**AIM OF THE TASK:**
Go through the listing and copy each line with the string "from".

**SUPPLIED INFORMATION:**
-=-=-

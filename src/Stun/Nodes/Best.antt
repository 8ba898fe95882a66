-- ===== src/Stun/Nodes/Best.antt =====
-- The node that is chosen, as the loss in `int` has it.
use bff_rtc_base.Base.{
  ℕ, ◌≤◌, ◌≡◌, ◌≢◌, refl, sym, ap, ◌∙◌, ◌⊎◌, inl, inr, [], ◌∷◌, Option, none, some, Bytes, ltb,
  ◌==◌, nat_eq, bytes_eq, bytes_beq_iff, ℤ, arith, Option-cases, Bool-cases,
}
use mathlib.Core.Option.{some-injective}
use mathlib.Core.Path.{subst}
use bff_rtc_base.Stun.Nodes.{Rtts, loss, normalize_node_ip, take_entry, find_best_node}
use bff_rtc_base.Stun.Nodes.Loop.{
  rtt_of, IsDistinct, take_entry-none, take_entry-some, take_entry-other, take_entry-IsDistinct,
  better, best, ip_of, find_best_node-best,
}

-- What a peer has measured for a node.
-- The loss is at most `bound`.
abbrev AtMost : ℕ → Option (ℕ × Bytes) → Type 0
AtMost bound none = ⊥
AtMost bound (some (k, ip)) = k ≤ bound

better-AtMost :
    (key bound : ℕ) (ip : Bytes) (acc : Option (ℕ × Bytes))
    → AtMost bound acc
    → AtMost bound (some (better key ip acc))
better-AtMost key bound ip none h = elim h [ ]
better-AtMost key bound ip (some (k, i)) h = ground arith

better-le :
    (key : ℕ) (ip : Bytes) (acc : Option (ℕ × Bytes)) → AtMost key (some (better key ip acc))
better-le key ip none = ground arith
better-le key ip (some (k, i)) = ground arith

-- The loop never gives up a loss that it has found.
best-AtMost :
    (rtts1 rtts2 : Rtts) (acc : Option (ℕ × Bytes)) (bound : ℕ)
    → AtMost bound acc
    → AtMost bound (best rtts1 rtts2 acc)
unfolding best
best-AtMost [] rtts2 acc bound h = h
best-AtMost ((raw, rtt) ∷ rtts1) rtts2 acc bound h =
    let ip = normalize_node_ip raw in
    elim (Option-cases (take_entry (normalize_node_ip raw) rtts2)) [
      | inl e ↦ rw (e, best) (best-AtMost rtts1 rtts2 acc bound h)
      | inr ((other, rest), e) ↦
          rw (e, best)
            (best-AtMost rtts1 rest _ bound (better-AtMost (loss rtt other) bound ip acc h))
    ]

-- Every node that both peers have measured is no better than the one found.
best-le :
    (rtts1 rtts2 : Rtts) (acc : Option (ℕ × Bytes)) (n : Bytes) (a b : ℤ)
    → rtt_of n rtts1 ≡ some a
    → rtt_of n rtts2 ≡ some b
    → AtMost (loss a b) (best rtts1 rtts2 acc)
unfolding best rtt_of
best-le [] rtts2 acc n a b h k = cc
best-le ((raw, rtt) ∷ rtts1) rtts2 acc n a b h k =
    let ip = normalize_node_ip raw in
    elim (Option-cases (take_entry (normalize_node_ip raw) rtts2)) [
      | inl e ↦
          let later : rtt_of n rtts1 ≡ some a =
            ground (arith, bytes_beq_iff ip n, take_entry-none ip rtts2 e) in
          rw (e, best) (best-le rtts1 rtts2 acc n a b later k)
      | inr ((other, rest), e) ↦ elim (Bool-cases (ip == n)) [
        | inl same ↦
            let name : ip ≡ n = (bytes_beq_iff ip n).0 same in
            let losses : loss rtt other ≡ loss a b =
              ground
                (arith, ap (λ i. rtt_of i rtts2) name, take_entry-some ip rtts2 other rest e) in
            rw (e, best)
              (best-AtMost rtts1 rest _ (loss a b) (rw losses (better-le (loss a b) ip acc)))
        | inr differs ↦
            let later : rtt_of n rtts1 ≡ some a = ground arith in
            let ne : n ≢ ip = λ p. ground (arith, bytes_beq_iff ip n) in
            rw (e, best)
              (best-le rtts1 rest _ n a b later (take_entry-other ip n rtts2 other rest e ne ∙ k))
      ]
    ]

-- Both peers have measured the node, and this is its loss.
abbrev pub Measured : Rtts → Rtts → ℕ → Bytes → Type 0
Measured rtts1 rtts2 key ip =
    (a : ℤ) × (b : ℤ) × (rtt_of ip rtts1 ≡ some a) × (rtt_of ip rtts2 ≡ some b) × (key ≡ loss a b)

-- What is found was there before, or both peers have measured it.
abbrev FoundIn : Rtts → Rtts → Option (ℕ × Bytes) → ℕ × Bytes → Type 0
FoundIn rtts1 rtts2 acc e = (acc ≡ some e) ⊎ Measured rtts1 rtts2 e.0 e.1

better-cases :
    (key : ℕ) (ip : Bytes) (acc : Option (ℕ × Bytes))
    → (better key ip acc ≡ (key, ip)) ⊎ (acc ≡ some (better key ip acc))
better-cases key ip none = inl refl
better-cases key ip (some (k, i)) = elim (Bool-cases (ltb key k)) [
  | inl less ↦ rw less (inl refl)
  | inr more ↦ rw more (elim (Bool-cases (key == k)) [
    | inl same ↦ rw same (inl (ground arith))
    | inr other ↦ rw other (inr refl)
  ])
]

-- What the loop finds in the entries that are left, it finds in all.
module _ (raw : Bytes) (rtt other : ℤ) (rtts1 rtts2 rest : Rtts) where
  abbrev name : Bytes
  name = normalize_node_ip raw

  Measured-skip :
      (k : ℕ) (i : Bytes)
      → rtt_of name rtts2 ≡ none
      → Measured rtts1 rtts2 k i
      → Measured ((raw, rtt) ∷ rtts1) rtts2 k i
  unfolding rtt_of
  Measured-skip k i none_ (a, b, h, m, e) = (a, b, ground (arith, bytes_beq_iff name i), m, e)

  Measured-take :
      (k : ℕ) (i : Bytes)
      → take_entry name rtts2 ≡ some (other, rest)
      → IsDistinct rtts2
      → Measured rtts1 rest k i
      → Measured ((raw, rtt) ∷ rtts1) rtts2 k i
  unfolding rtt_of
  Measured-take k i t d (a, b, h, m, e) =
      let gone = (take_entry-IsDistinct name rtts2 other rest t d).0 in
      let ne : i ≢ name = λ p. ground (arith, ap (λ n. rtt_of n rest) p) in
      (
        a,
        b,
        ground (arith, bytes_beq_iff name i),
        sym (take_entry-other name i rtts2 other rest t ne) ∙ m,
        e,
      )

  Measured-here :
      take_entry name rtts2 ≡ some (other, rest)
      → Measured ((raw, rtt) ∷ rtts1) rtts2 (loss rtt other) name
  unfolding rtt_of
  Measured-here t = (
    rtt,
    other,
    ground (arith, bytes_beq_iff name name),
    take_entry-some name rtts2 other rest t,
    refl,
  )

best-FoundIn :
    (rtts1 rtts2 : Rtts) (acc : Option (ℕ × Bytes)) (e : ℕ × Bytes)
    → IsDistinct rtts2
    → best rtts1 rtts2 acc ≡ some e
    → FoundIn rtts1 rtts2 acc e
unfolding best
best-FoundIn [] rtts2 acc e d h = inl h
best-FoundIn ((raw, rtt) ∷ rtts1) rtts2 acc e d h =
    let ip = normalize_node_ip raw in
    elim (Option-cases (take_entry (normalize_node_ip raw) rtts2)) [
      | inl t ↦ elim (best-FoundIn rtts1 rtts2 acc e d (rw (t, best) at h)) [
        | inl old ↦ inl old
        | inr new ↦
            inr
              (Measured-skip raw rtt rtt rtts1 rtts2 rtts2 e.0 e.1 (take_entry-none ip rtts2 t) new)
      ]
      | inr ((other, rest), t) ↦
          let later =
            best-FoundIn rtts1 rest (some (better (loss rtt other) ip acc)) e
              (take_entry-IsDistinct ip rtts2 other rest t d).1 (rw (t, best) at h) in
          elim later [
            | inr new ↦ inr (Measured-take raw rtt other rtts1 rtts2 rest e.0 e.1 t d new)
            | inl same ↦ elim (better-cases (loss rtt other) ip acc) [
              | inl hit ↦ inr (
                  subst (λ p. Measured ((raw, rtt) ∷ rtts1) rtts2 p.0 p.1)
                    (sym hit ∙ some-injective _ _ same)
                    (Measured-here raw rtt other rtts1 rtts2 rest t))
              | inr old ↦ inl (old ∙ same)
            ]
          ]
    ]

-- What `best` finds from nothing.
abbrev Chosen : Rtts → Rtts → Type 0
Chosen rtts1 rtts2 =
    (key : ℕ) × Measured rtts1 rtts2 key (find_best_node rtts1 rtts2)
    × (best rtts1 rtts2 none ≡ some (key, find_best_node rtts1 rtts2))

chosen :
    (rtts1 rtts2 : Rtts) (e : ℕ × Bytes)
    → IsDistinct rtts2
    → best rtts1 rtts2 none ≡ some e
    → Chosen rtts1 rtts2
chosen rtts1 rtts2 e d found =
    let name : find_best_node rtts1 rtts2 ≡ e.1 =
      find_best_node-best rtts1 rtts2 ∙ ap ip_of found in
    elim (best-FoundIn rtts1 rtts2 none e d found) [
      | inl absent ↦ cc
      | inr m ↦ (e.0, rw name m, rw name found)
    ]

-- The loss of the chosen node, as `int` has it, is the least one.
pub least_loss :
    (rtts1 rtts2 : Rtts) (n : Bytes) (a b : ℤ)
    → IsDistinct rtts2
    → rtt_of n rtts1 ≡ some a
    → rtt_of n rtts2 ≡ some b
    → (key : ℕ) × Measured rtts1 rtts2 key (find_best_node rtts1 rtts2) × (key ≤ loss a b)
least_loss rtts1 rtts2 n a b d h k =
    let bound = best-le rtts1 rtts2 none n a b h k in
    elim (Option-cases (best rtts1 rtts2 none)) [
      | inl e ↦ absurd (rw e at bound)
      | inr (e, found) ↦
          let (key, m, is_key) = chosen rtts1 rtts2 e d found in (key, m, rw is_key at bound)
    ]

-=-=-

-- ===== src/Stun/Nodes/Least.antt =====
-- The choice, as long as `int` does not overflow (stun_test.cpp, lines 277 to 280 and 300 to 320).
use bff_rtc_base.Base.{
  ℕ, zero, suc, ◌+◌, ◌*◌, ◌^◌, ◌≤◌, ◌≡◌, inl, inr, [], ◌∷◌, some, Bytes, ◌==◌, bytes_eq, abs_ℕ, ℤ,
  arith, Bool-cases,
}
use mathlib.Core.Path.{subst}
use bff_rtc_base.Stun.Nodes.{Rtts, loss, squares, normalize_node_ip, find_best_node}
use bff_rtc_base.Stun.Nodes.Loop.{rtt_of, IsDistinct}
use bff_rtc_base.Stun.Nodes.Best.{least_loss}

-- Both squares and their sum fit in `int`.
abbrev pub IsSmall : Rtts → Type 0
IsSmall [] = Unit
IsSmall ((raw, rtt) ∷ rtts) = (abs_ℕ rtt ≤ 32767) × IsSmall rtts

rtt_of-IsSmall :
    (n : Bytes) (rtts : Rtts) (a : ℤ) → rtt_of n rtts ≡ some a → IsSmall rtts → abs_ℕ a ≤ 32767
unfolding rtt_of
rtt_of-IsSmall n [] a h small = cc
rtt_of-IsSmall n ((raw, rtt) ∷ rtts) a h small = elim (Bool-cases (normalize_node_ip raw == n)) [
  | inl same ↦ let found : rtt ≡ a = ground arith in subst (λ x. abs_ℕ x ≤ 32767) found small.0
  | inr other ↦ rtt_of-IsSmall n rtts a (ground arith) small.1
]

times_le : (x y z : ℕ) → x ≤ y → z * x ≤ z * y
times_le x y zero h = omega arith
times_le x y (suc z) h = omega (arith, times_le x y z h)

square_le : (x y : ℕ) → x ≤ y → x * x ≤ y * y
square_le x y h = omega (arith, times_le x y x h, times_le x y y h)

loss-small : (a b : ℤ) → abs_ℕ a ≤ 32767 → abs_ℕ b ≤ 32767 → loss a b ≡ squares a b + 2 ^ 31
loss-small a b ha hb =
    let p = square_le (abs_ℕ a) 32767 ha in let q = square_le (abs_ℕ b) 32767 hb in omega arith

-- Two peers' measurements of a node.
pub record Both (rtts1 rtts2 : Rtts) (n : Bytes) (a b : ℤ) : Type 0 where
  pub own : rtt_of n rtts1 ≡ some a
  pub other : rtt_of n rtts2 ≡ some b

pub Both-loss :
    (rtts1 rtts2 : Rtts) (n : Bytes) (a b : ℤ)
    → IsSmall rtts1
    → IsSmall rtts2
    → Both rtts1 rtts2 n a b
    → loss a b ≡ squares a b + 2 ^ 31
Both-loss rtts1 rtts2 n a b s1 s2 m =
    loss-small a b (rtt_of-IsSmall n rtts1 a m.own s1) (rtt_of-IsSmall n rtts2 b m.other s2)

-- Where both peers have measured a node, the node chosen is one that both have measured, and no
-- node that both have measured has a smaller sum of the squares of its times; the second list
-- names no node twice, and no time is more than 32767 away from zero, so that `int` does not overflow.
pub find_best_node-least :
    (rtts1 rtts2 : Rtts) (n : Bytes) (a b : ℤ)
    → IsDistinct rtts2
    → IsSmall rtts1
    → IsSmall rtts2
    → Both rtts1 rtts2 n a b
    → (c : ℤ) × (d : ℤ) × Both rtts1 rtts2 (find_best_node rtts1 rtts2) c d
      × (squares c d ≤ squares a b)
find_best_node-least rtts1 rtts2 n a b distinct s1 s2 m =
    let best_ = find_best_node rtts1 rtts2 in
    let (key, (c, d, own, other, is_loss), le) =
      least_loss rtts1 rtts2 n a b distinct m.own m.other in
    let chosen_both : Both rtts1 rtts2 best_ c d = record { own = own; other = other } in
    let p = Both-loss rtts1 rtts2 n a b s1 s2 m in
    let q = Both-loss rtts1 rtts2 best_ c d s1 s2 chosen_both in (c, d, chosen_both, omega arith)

-=-=-

**RESPONSE TO THE TASK:**
-- What `best` finds from nothing.
-- names no node twice, and no time is more than 32767 away from zero, so that `int` does not overflow.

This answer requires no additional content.